● **PROBLEM STATEMENT**
As the answer, give a copy of each line below that includes the word "behind".

═════ SOURCE DATA ═════

-- ===== src/Interpreter/Allocate.antt =====
-- The `New` functions of interpreter/types over the runtime region. A request that does not fit
-- collects garbage in the program; the model stops there with `collection`.
use k3s_virtual_machine.Base.{
  ℕ, ◌+◌, ◌*◌, ◌-◌, ◌%◌, true, false, some, List, [], ◌∷◌, ◌++◌, Bytes, Outcome, ok, err, ◌>>=◌,
  ◌>>◌, guard, undefined, assertion, trigger_forbidden, collection, ltb, leb, if◌then◌else◌, length,
  replicate, u64_mod,
}
use k3s_virtual_machine.Allocator.Region.{alloc_bytes, get_remaining_space}
use k3s_virtual_machine.Base.{update}
use k3s_virtual_machine.Classfile.ConstantPool.{Mapping}
use k3s_virtual_machine.Interpreter.Register.{Register, empty, set_function}
use k3s_virtual_machine.Interpreter.Objects.{
  Body, array, string, object, function, new_header, construct_function, construct_array,
  sizeof_array, sizeof_string, sizeof_object, sizeof_function, sizeof_register,
}
use k3s_virtual_machine.Interpreter.Machine.{Machine}

-- The test at the front of `CleanupThis`; the collection behind it is in Gc, and ends the run here.
unfoldable pub cleanup_this {ℓ} : {A : Type ℓ} → Machine → Outcome A
cleanup_this m = if m.is_trigger_forbidden then err trigger_forbidden else err collection

-- `RegionsPool::AllocBytes`
unfoldable pub pool_alloc_bytes : Machine → ℕ → Outcome (ℕ × Machine)
unfolding cleanup_this get_remaining_space alloc_bytes
pool_alloc_bytes m n_bytes =
    if leb n_bytes (get_remaining_space m.region)
    then (do (addr, r) ← alloc_bytes m.region n_bytes; ok (addr, record m { region = r }))
    else cleanup_this m

-- Placement new of an object with a body, and `SetAllocatedSize`.
abbrev place : Machine → ℕ → ℕ → Body → Machine
place m addr size b = record m {
  heap = update m.heap addr (some (record { header = new_header size; body = b }));
}

abbrev alloc_object : Machine → ℕ → Body → Outcome (ℕ × Machine)
alloc_object m size b = do (addr, m') ← pool_alloc_bytes m size; ok (addr, place m' addr size b)

unfoldable pub new_function : Machine → ℕ → Outcome (ℕ × Machine)
unfolding pool_alloc_bytes construct_function
new_function m bc_offs = alloc_object m sizeof_function (function (construct_function bc_offs))

-- The items of an array whose size in bytes is not a `size_t` are written outside the block.
unfoldable pub new_array : Machine → ℕ → Outcome (ℕ × Machine)
unfolding pool_alloc_bytes construct_array
new_array m size =
    let allocated_size = (sizeof_array + sizeof_register * size) % u64_mod in
    do
      (addr, m') ← pool_alloc_bytes m allocated_size
      guard (ltb (sizeof_array + sizeof_register * size) u64_mod) undefined
      ok (addr, place m' addr allocated_size (array (construct_array size)))

unfoldable pub new_string : Machine → Bytes → Outcome (ℕ × Machine)
unfolding pool_alloc_bytes
new_string m c_str = alloc_object m (sizeof_string + length c_str + 1) (string c_str)

-- `PrepareForSequentAllocations` and `EndSequentAllocations`
unfoldable pub prepare_for_sequent_allocations : Machine → ℕ → Outcome Machine
unfolding cleanup_this get_remaining_space
prepare_for_sequent_allocations m n_bytes =
    if leb (get_remaining_space m.region) n_bytes
    then cleanup_this m
    else ok (record m { is_trigger_forbidden = true })

unfoldable pub end_sequent_allocations : Machine → Machine
end_sequent_allocations m = record m { is_trigger_forbidden = false }

-- The loop of the constructor over the methods: their function objects.
unfoldable pub new_methods : Machine → List ℕ → Outcome (List Register × Machine)
unfolding new_function
new_methods m [] = ok ([], m)
new_methods m (bc_offset ∷ rest) = do
  (addr, m1) ← new_function m bc_offset
  (methods, m2) ← new_methods m1 rest
  ok (set_function addr ∷ methods, m2)

-- `Object::New`; `bc_offsets` is the vector behind its length.
unfoldable pub new_object : Machine → Mapping → List ℕ → Outcome (ℕ × Machine)
unfolding prepare_for_sequent_allocations end_sequent_allocations pool_alloc_bytes new_methods
new_object m mapping bc_offsets =
    let obj_allocated_size = sizeof_object + sizeof_register * length mapping in
    let methods_n = length bc_offsets in
    do
      m1 ← prepare_for_sequent_allocations m (sizeof_function * methods_n + obj_allocated_size)
      (addr, m2) ← pool_alloc_bytes m1 obj_allocated_size
      guard (leb methods_n (length mapping)) assertion
      (methods, m3) ← new_methods m2 bc_offsets
      let items = replicate (length mapping - methods_n) empty ++ methods
      ok (addr, end_sequent_allocations (place m3 addr obj_allocated_size (object mapping items)))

═════

● **SOLUTION**
-- The test at the front of `CleanupThis`; the collection behind it is in Gc, and ends the run here.
-- `Object::New`; `bc_offsets` is the vector behind its length.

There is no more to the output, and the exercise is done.